Kepastian itu mengemuka dalam desk penganggaran iuran JKN yang digelar Badan Pengelolaan Keuangan dan Aset Daerah (BPKAD) bersama BPJS Kesehatan secara virtual, Kamis (23/7/2026).
Kepala Bidang Anggaran BPKAD Parigi Moutong, Mulyati, mengatakan kebutuhan anggaran iuran Peserta Bukan Penerima Upah (PBPU) diperkirakan mencapai Rp19,9 miliar.
Sementara Pemkab telah mengalokasikan Rp20 miliar sehingga dinilai mencukupi.
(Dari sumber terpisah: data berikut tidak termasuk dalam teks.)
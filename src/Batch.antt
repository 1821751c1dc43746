-- ===== src/Batch.antt =====
-- `BatchStatus` of bcos-scheduler/BlockExecutive.h: how `startBatch` and the callbacks of the executors
-- in BlockExecutive.cpp find out that a batch is over, and call back once.
pub mod Once
mod Tests
use bcos_dispatcher.Base.{
  ℕ, suc, Bool, true, false, ◌&&◌, not, Option, none, some, List, [], ◌∷◌, ◌++◌, ltb, ◌==◌,
  if◌then◌else◌,
}
use bcos_dispatcher.Common.{SchedulerError, batch_error}

pub record BatchStatus : Type 0 where
  pub total : ℕ
  pub received : ℕ
  pub error : ℕ
  pub callback_executed : Bool
  pub all_sended : Bool

unfoldable pub new_batch : BatchStatus
new_batch = record {
  total = 0;
  received = 0;
  error = 0;
  callback_executed = false;
  all_sended = false;
}

-- The test of `checkBatch`, with the exchange that lets one thread pass.
abbrev pub is_over : BatchStatus → Bool
is_over status = status.all_sended && status.received == status.total

-- What `checkBatch` calls back, and the status after it. Without an error the states of the block are
-- traversed before the call back; the flag says that an exception leaves that traversal.
unfoldable pub check_batch : Bool → BatchStatus → List (Option SchedulerError) × BatchStatus
check_batch throws status =
    if is_over status && not status.callback_executed
    then (
      (if ltb 0 status.error then some batch_error ∷ [] else if throws then [] else none ∷ []),
      record status { callback_executed = true },
    )
    else ([], status)

-- The steps of `startBatch`, which sends messages, and of the threads that bring the answers. At a state
-- with an error `startBatch` sets `allSended` before it counts that error, and sends no more.
pub data Step : Type 0 where
  sent failed received all_sent stopped state_failed : Step
  checked : Bool → Step

unfoldable pub run : List Step → BatchStatus → List (Option SchedulerError)
unfolding check_batch
run [] status = []
run (sent ∷ steps) status = run steps (record status { total = suc status.total })
run (failed ∷ steps) status = run steps (record status { error = suc status.error })
run (received ∷ steps) status = run steps (record status { received = suc status.received })
run (all_sent ∷ steps) status = run steps (record status { all_sended = true })
run (stopped ∷ steps) status = run steps (record status { all_sended = true })
run (state_failed ∷ steps) status = run steps (record status { error = suc status.error })
run (checked throws ∷ steps) status =
    let (called, status') = check_batch throws status in called ++ run steps status'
Ia juga memastikan tunggakan iuran PBPU bulan Juni 2026 telah dilunasi, sedangkan pembayaran iuran bulan Juli sedang diproses.
Untuk segmen Pekerja Penerima Upah (PPU), BPJS Kesehatan mencatat masih terdapat tunggakan sebesar Rp365 juta dari tahun sebelumnya dan sekitar Rp1 miliar hingga Juni 2026.
Menurut Mulyati, tunggakan tersebut akan diselesaikan setelah proses verifikasi utang jasa medis puskesmas serta pembayaran Tambahan Penghasilan Pegawai (TPP) dan Tunjangan Profesi Guru (TPG) rampung.
Dalam pertemuan tersebut, BPJS Kesehatan mengapresiasi komitmen Pemerintah Kabupaten Parigi Moutong yang konsisten menyediakan anggaran dan menjaga kepatuhan pembayaran iuran JKN.